# Bonded pair and one has passed away



## Riovedo (Oct 22, 2015)

So my female budgie, Rio, passed away almost two weeks ago leaving my male budgie without his best friend. He was bonded to her while she wasn't so much bonded to him. Rio was outgoing and fearless and took to me immediately while Baxter is shy and scared of everything. He's about three years old, I've been trying to work with him to tame him and I've read the article about taming your budgie. He's never taken to me and I know it can take time to make any kind of progress. I work so I don't have as much time with him as I'd like. I feel so bad for him and I've thought about getting another budgie but I really didn't want to go that route. Is there still hope, being that I work or should I just bite the bullet and get him a friend? And yes I know that they have to be quarantined should I get another.

Thanks!


----------



## Jonah (Feb 3, 2013)

Sorry Rio passed away Tammy. You being busy with work and not having as much time as you'd like only complicates trying to bond with an older bird that has always had a feathered friend. Baxter may be fine with some added attention from you when possible, only time will tell. Hopefully some of our folk's here who have been in this situation can add some food for thought for you. I rehomed my cockatiel because I didn't have the time to spend with him, and didn't want to get another to keep him company. I'm sure you will come to the best decision for Baxter, keep us posted.


----------



## FaeryBee (May 9, 2011)

*Tammy,
I'm very sorry for your loss of Rio. :hug:
I would give Baxter a few more weeks on his own before thinking about getting another budgie.
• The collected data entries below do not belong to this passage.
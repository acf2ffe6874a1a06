-- ===== src/Utils/Tests.antt =====
-- The theorems about src/utils.c at concrete packets.
use hitsz_network_lab.Common.{ℕ, ◌-◌, ◌≡◌, refl, List, [], ◌∷◌, ◌++◌, arith}
use hitsz_network_lab.Buf.{Buf, contents}
use hitsz_network_lab.Utils.{fold_carry, checksum16, transport_checksum}
use hitsz_network_lab.Utils.Prefix.{ip_prefix_match}
use hitsz_network_lab.Utils.Checksum.{
  total, ones_complement, fold_carry_lem, checksum16_lem, IsBytes,
}
use hitsz_network_lab.Utils.Verify.{with_field, checksum16-with_field}
use hitsz_network_lab.Utils.Shared.{shared_prefix, ip_prefix_match_lem}
use hitsz_network_lab.Utils.Transport.{pseudo_header, transport_checksum_lem}

fold_carry_lem_example : fold_carry 3 0x2ffff ≡ ones_complement 0x2ffff
fold_carry_lem_example = fold_carry_lem 0 0x2ffff (omega arith)

abbrev five_bytes : List ℕ
five_bytes = 255 ∷ 255 ∷ 255 ∷ 255 ∷ 7 ∷ []

five_bytes-IsBytes : IsBytes five_bytes
five_bytes-IsBytes = ground arith

checksum16_lem_example : checksum16 five_bytes ≡ 65535 - ones_complement (total five_bytes)
checksum16_lem_example = checksum16_lem five_bytes five_bytes-IsBytes (omega arith)

abbrev four_bytes : List ℕ
four_bytes = 69 ∷ 0 ∷ 255 ∷ 254 ∷ []

four_bytes-IsBytes : IsBytes four_bytes
four_bytes-IsBytes = ground arith

checksum16-with_field_example :
    checksum16 (with_field four_bytes (checksum16 (with_field four_bytes 0 five_bytes)) five_bytes)
    ≡ 0
checksum16-with_field_example =
    checksum16-with_field four_bytes five_bytes tt four_bytes-IsBytes five_bytes-IsBytes
      (omega arith)

abbrev segment : Buf
segment = record { len = 3; off = 65659; payload = λ i. 7 }

transport_checksum_lem_example :
    transport_checksum 17 segment (10 ∷ 0 ∷ 0 ∷ 1 ∷ []) (10 ∷ 0 ∷ 0 ∷ 2 ∷ []) ≡ (
      checksum16
          (pseudo_header (10 ∷ 0 ∷ 0 ∷ 1 ∷ []) (10 ∷ 0 ∷ 0 ∷ 2 ∷ []) 17 3 ++ contents segment),
      segment,
    )
transport_checksum_lem_example =
    transport_checksum_lem 17 segment (10 ∷ 0 ∷ 0 ∷ 1 ∷ []) (10 ∷ 0 ∷ 0 ∷ 2 ∷ []) refl refl
      (omega arith)

-- Two addresses that share 22 bits.
shares_22 : ip_prefix_match (192 ∷ 168 ∷ 160 ∷ 1 ∷ []) (192 ∷ 168 ∷ 163 ∷ 1 ∷ []) ≡ 22
unfolding ip_prefix_match
shares_22 = refl

ip_prefix_match_lem_example :
    ip_prefix_match (192 ∷ 168 ∷ 160 ∷ 1 ∷ []) (192 ∷ 168 ∷ 163 ∷ 1 ∷ [])
    ≡ shared_prefix (192 ∷ 168 ∷ 160 ∷ 1 ∷ []) (192 ∷ 168 ∷ 163 ∷ 1 ∷ [])
ip_prefix_match_lem_example =
    ip_prefix_match_lem (192 ∷ 168 ∷ 160 ∷ 1 ∷ []) (192 ∷ 168 ∷ 163 ∷ 1 ∷ []) (ground arith)
      (ground arith) (omega arith)
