-- ===== src/Lib.antt =====
-- The orchestration runtime of skills/issue-orchestration: how a member issue moves from its
-- discovery to its closure, which stage tasks run side by side, who owns which resource, and how a
-- writer's run, the ledger of events and the landing of commits are kept in order.
--
-- Parts, by file, each of skills/issue-orchestration/scripts:
-- * Lifecycle (lifecycle-state-machine.mjs): `definitions` is `State` with `required_receipts`,
--   `allowed_receipts` and `next`; `assertLifecycleTransition` and `lifecycleActionRule` have the
--   functions of their names.
-- * Dispatch (dispatch-batch-selector.mjs): `Task` and `Rank` are what `compareTasks` reads and
--   how it ranks; `Conflict` and `WorktreeKey` are `conflictWithSelected` and `leaseConflict`;
--   `Select` is the loop of `createBatch`; `Lease` is the life of a dispatch lease.
-- * Resources (resource-lifecycle.mjs): `Registry` is `createResourceRegistry` with
--   `validateRegistry`, `Receipt` is `verifyCleanupReceipt`, `Event` is `applyResourceEvent`, with
--   the functions that it calls in `Event/Changes`.
-- * Watchdog (writer-runtime-watchdog.mjs): `Definitions` has the variables that
--   `createWriterRuntimeWatchdog` closes over as one record, `Calls` has `observe` and
--   `failClosed`.
-- * Ledger (event-ledger.mjs): `Rules` is `transitionTable` and `permitted`, `Groups` is
--   `reduceGroup`.
-- * Landing (repository-landing-lane.mjs): `Lane` is the lane of a repository and its lease,
--   `Handoff` is `validateHandoff` with `orderedMembers`, `Log` is the event log of an attempt,
--   `Creation` is `createLandingAttempt`, `Transplant` is `recordCommitTransplant`, `Continuation`
--   is `recordLandingCheckpoint` with `resumeLandingSlice`, `Evidence` is `recordEvidenceRebinding`
--   with `recordReverificationReceipt`, `Completion` is the human decision, the drift of the
--   remote, `finalizeLanding` and the disposition of a worktree, and `Slice` has the records they
--   share. `Steps` joins the calls on an attempt.
-- * Delivery (delivery-epoch.mjs): `Epoch` has the functions of the file.
-- * Group (acceptance-group-session.mjs): `Proposal` is `proposalIsEligible`, `Session` is the
--   state with its creation, `Operations` and `Commits` are the exported calls, `Status` is
--   `projectGroupStatus`. `Sound` and `Runs` say what sessions are reached.
-- * SlicePlan (slice-plan-validator.mjs): `Plan` is the check of a slice, `Validation` is
--   `compileSlicePlanValidation` with `validateDependencies` and `ownedMap`.
-- * Retry (transient-rollout-retry.mjs): `Rollout` is `classifyTransientEmptyRollout`,
--   `Authorization` is `authorizeTransientEmptyRolloutRetry`.
-- * The prelude is what the parts share. `Result` with `reject` is the source's `fail`, and the
--   texts that the source writes as regular expressions are read by their code points.
-- The parts meet in their data: the lifecycle names the stages of the tasks that dispatch
-- selects, a selected task holds dispatch leases and an attempt with a resource registry, the
-- watchdog guards the attempt of a writer, a plan of slices says what the writer does, and an
-- empty rollout is retried once. What is delivered is bound to an epoch and landed through the
-- lane: the hand-off that a group session makes is the one that the lane takes, and Group.Handoff
-- joins the two. Examples has, in each part, concrete runs of the theorems.
--
-- How the code is modelled. A function that throws returns a `Result`; where a throw leaves a
-- state behind (`observe`), the state is returned with the error. Objects are records; a field
-- that may be missing is an `Option` where the source tells it apart. A map is an association
-- list. The collaborators that are not part of these files are parameters: the SHA-256 digests of
-- canonical JSON, `Date.parse` (no time for NaN), `localeCompare`, and the two checks of other
-- files that SlicePlan and Retry call (`validateRouteBoundActor`,
-- `verifyRuntimeProfileMetadata`). Numbers that the source holds to be finite and not negative
-- are natural numbers, without a bound, since nothing here wraps around. Recursion is structural
-- throughout; the decimal digits of an issue number are made with as much fuel as the number,
-- which is more than it has digits.
--
-- What is not modelled: the checks that typing meets (`typeof`, `Array.isArray`), the payload
-- checks of tasks and node events, the digest of a batch, the observation and removal of
-- processes, ports, locks, files, git worktrees and containers, and the command lines.
-- `toLowerCase` is that of ASCII letters. `reduceNode` and the hash chain of the ledger's replay
-- are left too. Of a landing attempt, the binding of a slice is left, which calls the compilers
-- of prompts and routes. Of a slice plan, the comparison of receipts is left and the policy that
-- is copied out of an accepted proposal; the item `__proto__`, which a plain object does not
-- store as a key, is stored like any other. The sort of a batch stands for that of the runtime,
-- which is stable, and is not code of the repository.
pub mod Prelude
pub mod Lifecycle
pub mod Dispatch
pub mod Resources
pub mod Watchdog
pub mod Ledger
pub mod Landing
pub mod Delivery
pub mod Group
pub mod SlicePlan
pub mod Retry
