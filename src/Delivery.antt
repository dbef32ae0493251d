-- ===== src/Delivery.antt =====
-- skills/issue-orchestration/scripts/delivery-epoch.mjs: the receipts that a delivery epoch binds.
mod Epoch
mod Bound
mod Examples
If you develop a routine where he gets regular time with you on a daily basis, he may be perfectly happy to be on his own. He may never bond with you the way Rio did but you can still always interact with him simply by being near him while you talk, sing and/or read to him.

Best wishes.*


----------



## RavensGryf (May 8, 2015)

I’m so sorry to hear about Rio’s passing . I agree with the posters above with their advice. Take care. :hug:


----------